Mitigating Factors under the ISS Board Responsiveness Policy that Should Be Taken Into Account

 

Given that we finished with say-on-pay results below the 70% triggering threshold under the ISS Board Responsiveness Policy 3 (i.e., at 62% of votes cast), we undertook a significant post annual shareholders’ meeting outreach effort, ultimately engaging with investors representing ~65% ownership, reaching out to all of our top 100 shareholders, which was a deeper pool of shareholders than ever before. In full compliance with the stated policy we disclosed all of the required information related to: (i) level of engagement; (ii) who participated; (iii) key items cited; and (iv) actions taken in direct response to shareholder concerns.

 

However, despite, our robust disclosure regarding the actions that we undertook in response to the actual concerns noted by our investors (in contrast to the perceived concerns cited by ISS in the comments on 2017 pay quantum and short-term incentive goals), ISS is recommending against our Compensation Committee nominees due to what it deems to be unresponsiveness.

 

We outlined in the proxy that the substantial majority of our investors did not take issue with the overall structure or implementation of our executive compensation program, and there was no clear, distinct action to take to be responsive with regard to the program generally.

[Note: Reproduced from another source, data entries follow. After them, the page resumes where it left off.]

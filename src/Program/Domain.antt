-- ===== src/Program/Domain.antt =====
-- What the domain and the signers of the program are.
use timeline_aggregation_pro.Base.{
  ℕ, String, ◌≡◌, refl, ap, ◌∙◌, ◌↔◌, ◌⊎◌, inl, inr, Option, none, some, List, [], ◌∷◌, Result, ok,
  HashSet, contains, insert, true, Result-cases, ==_refl, arith, >>=-eq-ok,
}
use timeline_aggregation_pro.Core.Primitives.{Address, Eip712Domain, tap_eip712_domain}
use timeline_aggregation_pro.Server.Listen.{Failure}
use timeline_aggregation_pro.Program.{
  Args, Parsers, parse_optional, create_eip712_domain, extend, accepted_signers,
}

-- The address is one of the public keys.
abbrev pub IsListed : Address → Option (List Address) → Type 0
IsListed a none = ⊥
IsListed a (some public_keys) = contains public_keys a ≡ true

contains-insert :
    (set : HashSet) (x a : Address)
    → (contains (insert set x).0 a ≡ true) ↔ ((a ≡ x) ⊎ (contains set a ≡ true))
contains-insert set x a = grind (arith, ==_refl a)

contains-extend :
    (set : HashSet) (xs : List Address) (a : Address)
    → (contains (extend set xs) a ≡ true) ↔ ((contains set a ≡ true) ⊎ (contains xs a ≡ true))
contains-extend set [] a = grind arith
contains-extend set (x ∷ xs) a =
    grind (arith, contains-extend (insert set x).0 xs a, contains-insert set x a, ==_refl a)

-- The accepted signers are the wallet's own address and the public keys of the arguments, and no
-- others.
pub accepted_signers_iff :
    (own : Address) (public_keys : Option (List Address)) (a : Address)
    → (contains (accepted_signers own public_keys) a ≡ true) ↔ ((a ≡ own) ⊎ IsListed a public_keys)
unfolding accepted_signers
accepted_signers_iff own none a = grind (arith, contains-insert [] own a)
accepted_signers_iff own (some keys) a =
    grind (arith, contains-extend (insert [] own).0 keys a, contains-insert [] own a)

module _ (parsers : Parsers) (args : Args) where
  -- What the arguments must say for the domain of the protocol.
  pub record IsTap (chain_id : ℕ) (verifying_contract : Address) : Type 0 where
    pub name : args.domain_name ≡ some "TAP"
    pub version : args.domain_version ≡ some "1"
    pub chain :
        (s : String) × (args.domain_chain_id ≡ some s) × (parsers.parse_u256 s ≡ ok chain_id)
    pub contract : args.domain_verifying_contract ≡ some verifying_contract
    pub salt : args.domain_salt ≡ none

parse_optional-some :
    {A : Type 0} (parse : String → Result Failure A) (text : Option String) {a : A}
    → parse_optional parse text ≡ ok (some a)
    → (s : String) × (text ≡ some s) × (parse s ≡ ok a)
parse_optional-some parse none h = absurd (ground arith)
parse_optional-some parse (some s) h = elim (Result-cases (parse s)) [
  | inl (b, e) ↦ (s, refl, ground arith)
  | inr (x, e) ↦ absurd (ground arith)
]

parse_optional-none :
    {A : Type 0} (parse : String → Result Failure A) (text : Option String)
    → parse_optional parse text ≡ ok none
    → text ≡ none
parse_optional-none parse none h = refl
parse_optional-none parse (some s) h = elim (Result-cases (parse s)) [
  | inl (b, e) ↦ absurd (ground arith)
  | inr (x, e) ↦ absurd (ground arith)
]

-- The program works under the domain of the protocol, for a chain and a contract, exactly when its
-- arguments give the name "TAP", the version "1", a chain id that is read as that number, that
-- contract, and no salt.
pub create_eip712_domain_iff :
    (parsers : Parsers) (args : Args) (chain_id : ℕ) (contract : Address)
    → (create_eip712_domain parsers args ≡ ok (tap_eip712_domain chain_id contract))
      ↔ IsTap parsers args chain_id contract
unfolding create_eip712_domain tap_eip712_domain
create_eip712_domain_iff parsers args chain_id contract = (
  λ h.
      let (chain, e₁, h₁) =
        >>=-eq-ok (parse_optional parsers.parse_u256 args.domain_chain_id) _ h in
      let (salt, e₂, h₂) =
        >>=-eq-ok (parse_optional parsers.parse_fixed_bytes args.domain_salt) _ h₁ in
      let made : Eip712Domain = record {
        name = args.domain_name;
        version = args.domain_version;
        chain_id = chain;
        verifying_contract = args.domain_verifying_contract;
        salt = salt;
      } in
      let same : made ≡ tap_eip712_domain chain_id contract = ground arith in
      record {
        name = ap (λ (d : Eip712Domain). d.name) same;
        version = ap (λ (d : Eip712Domain). d.version) same;
        chain =
            parse_optional-some parsers.parse_u256 args.domain_chain_id
              (e₁ ∙ ap (λ (d : Eip712Domain). ok d.chain_id) same);
        contract = ap (λ (d : Eip712Domain). d.verifying_contract) same;
        salt =
            parse_optional-none parsers.parse_fixed_bytes args.domain_salt
              (e₂ ∙ ap (λ (d : Eip712Domain). ok d.salt) same);
      },
  λ h. let (s, given, read) = h.chain in rw (h.name, h.version, h.contract, h.salt, given, read),
)
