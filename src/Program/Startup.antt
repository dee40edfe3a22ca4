-- ===== src/Program/Startup.antt =====
-- What the program has done when it has come up: its server is configured by the arguments, and
-- started.
use timeline_aggregation_pro.Base.{
  ◌≡◌, refl, inl, inr, List, [], ◌∷◌, ◌++◌, ok, Result-cases, arith,
}
use timeline_aggregation_pro.Core.Primitives.{Ecdsa}
use timeline_aggregation_pro.Core.Action.{done, lift, pure, ◌>>=◌, ◌>>◌}
use timeline_aggregation_pro.Server.{RpcImpl}
use timeline_aggregation_pro.Server.Listen.{
  interrupt, terminate, ServerSettings, HostCall, spawn_metrics, build_server, start_server,
  listen_for, JsonRpsee, run_server, Program, tell,
}
use timeline_aggregation_pro.Program.{Args, Parsers, create_eip712_domain, accepted_signers}
use timeline_aggregation_pro.Program.Main.{Host, start_up}

abbrev settings : Args → ServerSettings
settings args = record {
  port = args.port;
  max_request_body_size = args.max_request_body_size;
  max_response_body_size = args.max_response_body_size;
  max_connections = args.max_connections;
}

module _ {SocketAddr : Type 0} (jsonrpsee : JsonRpsee SocketAddr) (args : Args)
    (rpc : RpcImpl) where
  -- The server is built for the settings, has an address, and is started.
  pub record Starts (log log' : List HostCall) : Type 0 where
    pub built : jsonrpsee.build (settings args) ≡ ok tt
    pub located : (addr : SocketAddr) × (jsonrpsee.local_addr (settings args) ≡ ok addr)
    pub started : jsonrpsee.start (settings args) ≡ ok tt
    pub calls : log' ≡ (log ++ (build_server (settings args) ∷ [])) ++ (start_server rpc ∷ [])

  abbrev pub running : Program SocketAddr
  running =
      run_server jsonrpsee args.port rpc.wallet rpc.accepted_addresses rpc.domain_separator
        args.max_request_body_size args.max_response_body_size args.max_connections

  pub run_server-Starts :
      (log : List HostCall) {addr : SocketAddr} {log' : List HostCall}
      → running log ≡ (done (ok addr), log')
      → Starts log log'
  unfolding run_server
  run_server-Starts log {addr} {log'} h = elim (Result-cases (jsonrpsee.build (settings args))) [
    | inr (x, e) ↦ absurd (ground arith)
    | inl (tt, e₁) ↦ elim (Result-cases (jsonrpsee.local_addr (settings args))) [
      | inr (x, e) ↦ absurd (ground arith)
      | inl (b, e₂) ↦ elim (Result-cases (jsonrpsee.start (settings args))) [
        | inr (x, e) ↦ absurd (ground arith)
        | inl (tt, e₃) ↦ record {
          built = e₁;
          located = (b, e₂);
          started = e₃;
          calls = ground arith;
        }
      ]
    ]
  ]

module _ (ecdsa : Ecdsa) (parsers : Parsers) {SocketAddr : Type 0}
    (jsonrpsee : JsonRpsee SocketAddr) (host : Host) (args : Args) where
  -- What the program serves with, by its arguments.
  pub record Configures (rpc : RpcImpl) : Type 0 where
    pub wallet : parsers.wallet_from_str args.private_key ≡ ok rpc.wallet
    pub domain : create_eip712_domain parsers args ≡ ok rpc.domain_separator
    pub accepted :
        rpc.accepted_addresses ≡ accepted_signers (ecdsa.address rpc.wallet) args.public_keys

  -- The program from where its server is started to where it waits.
  abbrev pub listen : SocketAddr → Program SocketAddr
  listen addr = do
    tell (listen_for interrupt)
    lift (host.signal interrupt)
    tell (listen_for terminate)
    lift (host.signal terminate)
    pure addr

  pub listen-inv :
      (addr : SocketAddr) (log : List HostCall) {addr' : SocketAddr} {log' : List HostCall}
      → listen addr log ≡ (done (ok addr'), log')
      → (host.signal interrupt ≡ ok tt)
        × (host.signal terminate ≡ ok tt)
        × (log' ≡ (log ++ (listen_for interrupt ∷ [])) ++ (listen_for terminate ∷ []))
  listen-inv addr log h = elim (Result-cases (host.signal interrupt)) [
    | inr (x, e₁) ↦ absurd (ground arith)
    | inl (tt, e₁) ↦ elim (Result-cases (host.signal terminate)) [
      | inr (x, e₂) ↦ absurd (ground arith)
      | inl (tt, e₂) ↦ (e₁, e₂, ground arith)
    ]
  ]

  pub start_up-inv :
      {addr : SocketAddr} {log : List HostCall}
      → start_up ecdsa parsers jsonrpsee host args [] ≡ (done (ok addr), log)
      → (rpc : RpcImpl) × Configures rpc
        × ((running jsonrpsee args rpc >>= listen) (spawn_metrics args.metrics_port ∷ [])
            ≡ (done (ok addr), log))
  unfolding start_up
  start_up-inv h = elim (Result-cases (parsers.wallet_from_str args.private_key)) [
    | inr (x, e) ↦ absurd (ground arith)
    | inl (w, e₁) ↦ elim (Result-cases (create_eip712_domain parsers args)) [
      | inr (x, e) ↦ absurd (ground arith)
      | inl (d, e₂) ↦ (
        record {
          wallet = w;
          accepted_addresses = accepted_signers (ecdsa.address w) args.public_keys;
          domain_separator = d;
        },
        record { wallet = e₁; domain = e₂; accepted = refl },
        rw (e₁, e₂) at h,
      )
    ]
  ]
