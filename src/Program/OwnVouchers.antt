-- ===== src/Program/OwnVouchers.antt =====
-- The server that the program starts, and the vouchers that it has signed itself.
use timeline_aggregation_pro.Base.{
  ◌≡◌, refl, ok, true, Bool-cases, inl, inr, Option, some, List, [], ◌∷◌, ◌++◌, arith, get_elem?,
  contains, HashSet, IsU128, subst, none, ==_refl,
}
use timeline_aggregation_pro.Core.Primitives.{Address, EcdsaLaws}
use timeline_aggregation_pro.Core.Receipt.{SignedReceipt}
use timeline_aggregation_pro.Core.Error.{SignedRav}
use timeline_aggregation_pro.Core.SignedMessage.{sign}
use timeline_aggregation_pro.Core.Rav.{initial_value}
use timeline_aggregation_pro.Core.Rav.Value.{voucher}
use timeline_aggregation_pro.Core.Action.{done, >>=-inv}
use timeline_aggregation_pro.Core.Adapters.{Crates}
use timeline_aggregation_pro.Aggregator.{Formats, check_and_aggregate_receipts}
use timeline_aggregation_pro.Aggregator.Rounds.{Follows, check_and_aggregate_receipts-append}
use timeline_aggregation_pro.Server.{RpcImpl}
use timeline_aggregation_pro.Server.Listen.{HostCall, spawn_metrics, start_server, JsonRpsee}
use timeline_aggregation_pro.Program.{Args, Parsers, extend, accepted_signers}
use timeline_aggregation_pro.Program.Main.{Host, start_up}
use timeline_aggregation_pro.Program.Startup.{
  Configures, running, listen, start_up-inv, run_server-Starts, listen-inv,
}

extend-contains :
    (set keys : HashSet) (a : Address) → contains set a ≡ true → contains (extend set keys) a ≡ true
extend-contains set [] a h = h
extend-contains set (k ∷ keys) a h = elim (Bool-cases (contains set k)) [
  | inl known ↦ rw known (extend-contains set keys a h)
  | inr new ↦ rw new (extend-contains (k ∷ set) keys a (ground (arith, h)))
]

-- The program's own address is an accepted signer, whatever the public keys.
accepted_signers-own :
    (own : Address) (keys : Option (List Address)) → contains (accepted_signers own keys) own ≡ true
unfolding accepted_signers
accepted_signers-own own none = grind (arith, ==_refl)
accepted_signers-own own (some keys) = extend-contains (own ∷ []) keys own (grind (arith, ==_refl))

module _ (crates : Crates) (parsers : Parsers) {SocketAddr : Type 0}
    (jsonrpsee : JsonRpsee SocketAddr) (host : Host) (args : Args) where
  -- The server that is started is the third thing that the program asks of the machine.
  start_up-Configures :
      {addr : SocketAddr} {log : List HostCall}
      → start_up crates.ecdsa parsers jsonrpsee host args [] ≡ (done (ok addr), log)
      → (rpc : RpcImpl) → get_elem? log 2 ≡ some (start_server rpc)
      → Configures crates.ecdsa parsers jsonrpsee host args rpc
  start_up-Configures {addr} {log} up rpc there =
      let spawned = spawn_metrics args.metrics_port ∷ [] in
      let (rpc', configured, k) = start_up-inv crates.ecdsa parsers jsonrpsee host args up in
      let (addr', e, h) =
        >>=-inv (running jsonrpsee args rpc') (listen crates.ecdsa parsers jsonrpsee host args)
          spawned k in
      let starts = run_server-Starts jsonrpsee args rpc' spawned e in
      let (_, _, heard) = listen-inv crates.ecdsa parsers jsonrpsee host args addr' _ h in
      let third : get_elem? log 2 ≡ some (start_server rpc') = rw (heard, starts.calls) refl in
      let same : rpc' ≡ rpc = ground (arith, third, there) in
      subst (Configures crates.ecdsa parsers jsonrpsee host args) same configured

  -- The server that the program starts accepts its own vouchers. Let the program come up, with a
  -- server, and let that server's aggregation sign a voucher for a batch and a previous voucher
  -- whose value fits in 128 bits. Whatever public keys the program was given, the server accepts
  -- that voucher as the previous one of a further batch with distinct signatures and accepted
  -- signers, later than the voucher, for its allocation, and whose values add up with it within
  -- 128 bits; and what it signs then is the voucher for the two batches at once.
  pub start_up-append :
      (laws : EcdsaLaws crates.ecdsa) (formats : Formats) {addr : SocketAddr} {log : List HostCall}
      → start_up crates.ecdsa parsers jsonrpsee host args [] ≡ (done (ok addr), log)
      → (rpc : RpcImpl) → get_elem? log 2 ≡ some (start_server rpc)
      → (xs ys : List SignedReceipt) (prev : Option SignedRav) (next : SignedRav)
      → IsU128 (initial_value prev)
      → check_and_aggregate_receipts crates formats rpc.domain_separator xs prev rpc.wallet
          rpc.accepted_addresses
        ≡ ok next
      → Follows crates laws formats rpc.domain_separator rpc.wallet rpc.accepted_addresses next ys
      → check_and_aggregate_receipts crates formats rpc.domain_separator ys
          (some next)
          rpc.wallet
          rpc.accepted_addresses
        ≡ sign crates.rav_sol crates.ecdsa rpc.domain_separator
            (voucher next.message.allocation_id (xs ++ ys) prev)
            rpc.wallet
  start_up-append laws formats up rpc there xs ys prev next fits first follows =
      let c = start_up-Configures up rpc there in
      let own : contains rpc.accepted_addresses (crates.ecdsa.address rpc.wallet) ≡ true =
        rw c.accepted (accepted_signers-own (crates.ecdsa.address rpc.wallet) args.public_keys) in
      check_and_aggregate_receipts-append crates laws formats rpc.domain_separator rpc.wallet
        rpc.accepted_addresses xs ys prev next own fits first follows
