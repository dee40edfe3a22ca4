-- ===== src/Examples/Programs.antt =====
-- Examples of the theorems on the program, and on runs of its server.
use timeline_aggregation_pro.Base.{
  ℕ, ◌≡◌, refl, ◌+◌, ◌↔◌, none, some, ok, err, checked, List, [], ◌∷◌, arith, length, sum_by,
}
use timeline_aggregation_pro.Core.Primitives.{Address, tap_eip712_domain}
use timeline_aggregation_pro.Core.Action.{done}
use timeline_aggregation_pro.Server.{RpcImpl}
use timeline_aggregation_pro.Server.Listen.{
  HostCall, JsonRpsee, ServerSettings, spawn_metrics, build_server, start_server, listen_for,
  interrupt, terminate, run_server,
}
use timeline_aggregation_pro.Server.Run.{
  Request, success_of, failure_of, granted, refused, serve, serve-counts,
}
use timeline_aggregation_pro.Program.{Args, Parsers, create_eip712_domain, accepted_signers}
use timeline_aggregation_pro.Program.Main.{Host, start_up}
use timeline_aggregation_pro.Program.Domain.{IsTap, create_eip712_domain_iff}
use timeline_aggregation_pro.Program.OwnVouchers.{start_up-append}
use timeline_aggregation_pro.Core.Error.{SignedRav}
use timeline_aggregation_pro.Core.SignedMessage.{sign, recover_signer}
use timeline_aggregation_pro.Core.Rav.{aggregate_receipts}
use timeline_aggregation_pro.Core.Rav.Value.{voucher}
use timeline_aggregation_pro.Aggregator.{
  check_and_aggregate_receipts, check_signatures_unique, check_signers, check_previous_signer,
  check_receipt_timestamps, check_allocation_id, check_previous_allocation_id,
  check_signature_is_from_one_of_addresses,
}
use timeline_aggregation_pro.Examples.{
  toy_crates, toy_formats, toy_server_crates, toy_ecdsa, toy_ecdsa-EcdsaLaws, second_receipt, batch,
  domain, first_receipt,
}

-- Another signer, 6, is allowed besides the wallet 5.
abbrev args : Args
args = record {
  port = 8080;
  private_key = "five";
  public_keys = some (6 ∷ []);
  max_request_body_size = 1000;
  max_response_body_size = 100;
  max_connections = 32;
  metrics_port = 5000;
  domain_name = some "TAP";
  domain_version = some "1";
  domain_chain_id = some "one";
  domain_verifying_contract = some 9;
  domain_salt = none;
}

abbrev parsers : Parsers
parsers = record {
  wallet_from_str = λ s. ok 5;
  parse_u256 = λ s. ok 1;
  parse_fixed_bytes = λ s. err "no bytes";
}

abbrev jsonrpsee : JsonRpsee ℕ
jsonrpsee = record { build = λ s. ok tt; local_addr = λ s. ok s.port; start = λ s. ok tt }

abbrev host : Host
host = record { signal = λ k. ok tt; stop = ok tt }

abbrev rpc : RpcImpl
rpc = record { wallet = 5; accepted_addresses = 6 ∷ 5 ∷ []; domain_separator = domain }

create_eip712_domain_iff_example :
    (create_eip712_domain parsers args ≡ ok (tap_eip712_domain 1 9)) ↔ IsTap parsers args 1 9
create_eip712_domain_iff_example = create_eip712_domain_iff parsers args 1 9

abbrev old_key : Address
old_key = 6

abbrev settings : ServerSettings
settings = record {
  port = 8080;
  max_request_body_size = 1000;
  max_response_body_size = 100;
  max_connections = 32;
}

abbrev calls : List HostCall
calls =
    spawn_metrics 5000
    ∷ build_server settings
    ∷ start_server rpc
    ∷ listen_for interrupt
    ∷ listen_for terminate
    ∷ []

started : start_up toy_ecdsa parsers jsonrpsee host args [] ≡ (done (ok 8080), calls)
unfolding start_up run_server create_eip712_domain accepted_signers
started = refl

-- A voucher that this server signs.
abbrev own_rav : SignedRav
own_rav = record {
  message = record { allocation_id = 7; timestamp_ns = 10; value_aggregate = 30 };
  signature = 35;
}

own_round :
    check_and_aggregate_receipts toy_crates toy_formats domain
      (first_receipt ∷ [])
      none
      5
      (6 ∷ 5 ∷ [])
    ≡ ok own_rav
unfolding check_and_aggregate_receipts check_signatures_unique check_signers check_previous_signer
    check_receipt_timestamps check_allocation_id check_previous_allocation_id
    check_signature_is_from_one_of_addresses aggregate_receipts recover_signer sign
own_round = refl

start_up-append_example :
    check_and_aggregate_receipts toy_crates toy_formats domain
      (second_receipt ∷ [])
      (some own_rav)
      5
      (6 ∷ 5 ∷ [])
    ≡ sign toy_crates.rav_sol toy_crates.ecdsa domain (voucher 7 batch none) 5
unfolding recover_signer
start_up-append_example =
    start_up-append toy_crates parsers jsonrpsee host args toy_ecdsa-EcdsaLaws toy_formats started
      rpc refl (first_receipt ∷ []) (second_receipt ∷ []) none own_rav (omega arith) own_round
      (record {
        unique = (refl, tt);
        signers = ((5, refl, refl), tt);
        later = (omega arith, tt);
        first = refl;
        uniform = (refl, tt);
        fits = omega arith;
      })

-- A call that is answered with a voucher, and one that is answered with an error.
abbrev requests : List Request
requests =
    record { api_version = "0.0"; receipts = batch; previous_rav = none }
    ∷ record {
      api_version = "0.0";
      receipts = first_receipt ∷ first_receipt ∷ [];
      previous_rav = none;
    }
    ∷ []

serve-counts_example :
    let (answers, log) = serve toy_crates toy_formats toy_server_crates checked rpc requests [] in
    (length answers ≡ 2)
    × (sum_by (λ a. granted a.1 + refused a.1) answers ≡ 2)
    × (sum_by success_of log ≡ 0 + sum_by (λ a. granted a.1) answers)
    × (sum_by failure_of log ≡ 0 + sum_by (λ a. refused a.1) answers)
serve-counts_example =
    serve-counts toy_crates toy_formats toy_server_crates checked rpc requests []
      ((omega arith, omega arith), ((omega arith, omega arith), tt))
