-- ===== src/Protocol/Rounds.antt =====
-- The two sides over any number of rounds: receipts arrive, a voucher is requested, the aggregator
-- signs it, the receiver stores it and removes the receipts that it covers.
pub mod Agree
pub mod Progress
use timeline_aggregation_pro.Base.{
  ℕ, ◌+◌, ◌≡◌, refl, sym, ap, ◌∙◌, subst, ok, true, Option, none, some, List, [], ◌∷◌, ◌++◌, arith,
  IsU64, IsU128, Profile, HashSet, contains, sum_by-append, sum_values, ◌⊎◌, inl, inr,
}
use timeline_aggregation_pro.Core.Primitives.{Address, LocalWallet, EcdsaLaws, Eip712Domain}
use timeline_aggregation_pro.Core.Receipt.{SignedReceipt}
use timeline_aggregation_pro.Core.Error.{SignedRav, ReceiptAggregateVoucher}
use timeline_aggregation_pro.Core.SignedMessage.{sign, recover_signer, recover_signer-sign}
use timeline_aggregation_pro.Core.Rav.{RavRequest, initial_timestamp, initial_value}
use timeline_aggregation_pro.Core.Rav.Value.{total_value, receipt_value, voucher}
use timeline_aggregation_pro.Core.Checks.{ReceiptCheck}
use timeline_aggregation_pro.Core.Action.{done}
use timeline_aggregation_pro.Core.Adapters.{Crates}
use timeline_aggregation_pro.Core.Manager.{
  Manager, SystemTime, create_rav_request, verify_and_store_rav, verify_and_store_receipt,
  remove_obsolete_receipts,
}
use timeline_aggregation_pro.Core.Manager.Request.{create_rav_request-Request}
use timeline_aggregation_pro.Core.Memory.{InMemoryContext, Unordered, UnorderedLaws, last_rav}
use timeline_aggregation_pro.Core.Memory.Checks.{get_full_list_of_checks}
use timeline_aggregation_pro.Aggregator.{Formats, check_and_aggregate_receipts}
use timeline_aggregation_pro.Aggregator.Guards.{IsUniform, IsFor, IsPreviousSigned}
use timeline_aggregation_pro.Aggregator.Sound.{IsAggregable-of_ok}
use timeline_aggregation_pro.Aggregator.Issued.{
  Issued, first_round, next_round, IsExact, Issued-IsExact,
}
use timeline_aggregation_pro.Receiver.{receiver}
use timeline_aggregation_pro.Receiver.Escrow.{total_escrow, create_rav_request-total_escrow}
use timeline_aggregation_pro.Receiver.Verify.{with_rav, verify_and_store_rav-inv}
use timeline_aggregation_pro.Receiver.Round.{remove_obsolete_receipts_lem}
use timeline_aggregation_pro.Receiver.Keeps.{
  verify_and_store_receipt-SameAccounts, verify_and_store_receipt-sender_address,
}
use timeline_aggregation_pro.Protocol.{
  check_and_aggregate_receipts-create_rav_request,
  verify_and_store_rav-check_and_aggregate_receipts,
}

-- The parties: what the library calls, the receiver's build and context, the signers that both
-- sides accept, and the aggregator's wallet.
pub record Parties : Type 0 where
  pub crates : Crates
  pub formats : Formats
  pub profile : Profile
  pub accepted : HashSet
  pub wallet : LocalWallet
  pub u : Unordered
  pub domain_separator : Eip712Domain
  pub allocation_ids : InMemoryContext → HashSet

module _ (parties : Parties) where
  open parties use {crates, formats, profile, accepted, wallet, u, domain_separator, allocation_ids}

  abbrev pub full_receiver : Manager InMemoryContext
  full_receiver =
      receiver profile u (get_full_list_of_checks crates domain_separator accepted allocation_ids)
        domain_separator

  -- What the receiver and the aggregator have come to, and the receipts that were paid. Receipts
  -- arrive between rounds; a round is a request whose receipts share the allocation, the
  -- aggregator's answer, its storing, and the removal of the obsolete receipts.
  pub data Rounds (a : Address) (start : InMemoryContext)
      : List SignedReceipt → InMemoryContext → Type 0 where
    nothing : Rounds a start [] start
    arrival :
        {rs : List SignedReceipt} {s s' : InMemoryContext}
        → Rounds a start rs s
        → (r : SignedReceipt)
        → verify_and_store_receipt crates full_receiver r s ≡ (done (ok tt), s')
        → Rounds a start rs s'
    round :
        {rs : List SignedReceipt} {s s₁ s₂ s₃ : InMemoryContext} {req : RavRequest}
        {rav : SignedRav}
        → Rounds a start rs s
        → (time : SystemTime) (buffer : ℕ) (limit : Option ℕ)
        → create_rav_request crates profile full_receiver time buffer limit s ≡ (done (ok req), s₁)
        → IsUniform a req.valid_receipts
        → check_and_aggregate_receipts crates formats domain_separator req.valid_receipts
            req.previous_rav wallet accepted
          ≡ ok rav
        → verify_and_store_rav crates full_receiver req.expected_rav rav s₁ ≡ (done (ok tt), s₂)
        → remove_obsolete_receipts crates full_receiver s₂ ≡ (done (ok tt), s₃)
        → Rounds a start (rs ++ req.valid_receipts) s₃

  -- The last voucher: none, and nothing is paid, or the one that the aggregator has issued for what
  -- is paid, for the allocation, signed by its wallet.
  abbrev pub LastIssued : Address → List SignedReceipt → Option SignedRav → Type 0
  LastIssued a rs none = rs ≡ []
  LastIssued a rs (some rav) =
      Issued crates formats domain_separator wallet accepted rs rav
      × (rav.message.allocation_id ≡ a)
      × (recover_signer crates.rav_sol crates.ecdsa domain_separator rav
          ≡ ok (crates.ecdsa.address wallet))

  -- Where the two sides stand: the sender is known as before, the escrow has paid for the receipts,
  -- and the last voucher is issued.
  pub record Agrees (a : Address) (start : InMemoryContext) (rs : List SignedReceipt)
      (s : InMemoryContext) : Type 0 where
    pub sender : s.sender_address ≡ start.sender_address
    pub escrow : total_escrow s + total_value rs ≡ total_escrow start
    pub last : LastIssued a rs s.rav_storage

  -- What the issued voucher is to the aggregator, as the previous one of a request.
  pub LastIssued-previous :
      (a : Address) (rs : List SignedReceipt) (prev : Option SignedRav)
      → contains accepted (crates.ecdsa.address wallet) ≡ true
      → LastIssued a rs prev
      → IsU128 (initial_value prev)
        × IsFor a prev
        × IsPreviousSigned crates domain_separator accepted prev
  LastIssued-previous a rs none own h = (omega arith, tt, tt)
  LastIssued-previous a rs (some rav) own (issued, alloc, signer) = (
    (Issued-IsExact crates formats domain_separator wallet accepted issued).fits,
    alloc,
    (crates.ecdsa.address wallet, signer, own),
  )

  pub LastIssued-next :
      (a : Address) (rs valid : List SignedReceipt) (prev : Option SignedRav) {rav : SignedRav}
      → LastIssued a rs prev
      → check_and_aggregate_receipts crates formats domain_separator valid prev wallet accepted
        ≡ ok rav
      → Issued crates formats domain_separator wallet accepted (rs ++ valid) rav
  LastIssued-next a rs valid none h e = rw h (first_round valid e)
  LastIssued-next a rs valid (some p) h e = next_round h.0 valid e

We heard, and we acknowledged in our disclosure, that shareholders took issue with regard to our granting of KMAs, as well as the corresponding disclosure surrounding those awards. Based upon our communication with investors, we understand that applying a higher degree of scrutiny to the need for future awards and providing more clarity around their use prospectively would likely be sufficient to address their concerns prospectively. Current disclosure appears to adequately convey our communication and our response to investors. We did not grant these types of awards in 2017 and do not plan to do so in 2018 (consistent with what we disclosed), and we added disclosures to better explain the process for granting these awards and the infrequent usage of these awards for NEOs (9 total awards in 10 years).

 

Conclusion

 

We are hopeful that when you factor in all of the context that we have provided in a more holistic perspective, including how the quantitative filters under the ISS CEO Pay-for-Performance Policy are distorting quantitative pay-for-performance disconnect, that you will reconsider your Analysis to see the pay-for-performance linkage and ultimately support the say-on-pay proposal and Compensation Committee nominees up for re-election. Again, we can appreciate how the default quantitative and qualitative filters are the best way to analyze the high number of companies ISS evaluates in any given year, but in the context of FMC in 2017, we would suggest the base inputs for your evaluation should be adjusted to reflect the material impact of the DuPont transaction on our financials (true both quantitatively and qualitatively—especially with regard to our STI targets).

 

 

Sincerely,

 

 

Andrea E. Utecht

FMC Executive Vice President, General Counsel and Secretary

 

 
3 See page 13 of 69 of the ISS U.S. Proxy Voting Guidelines.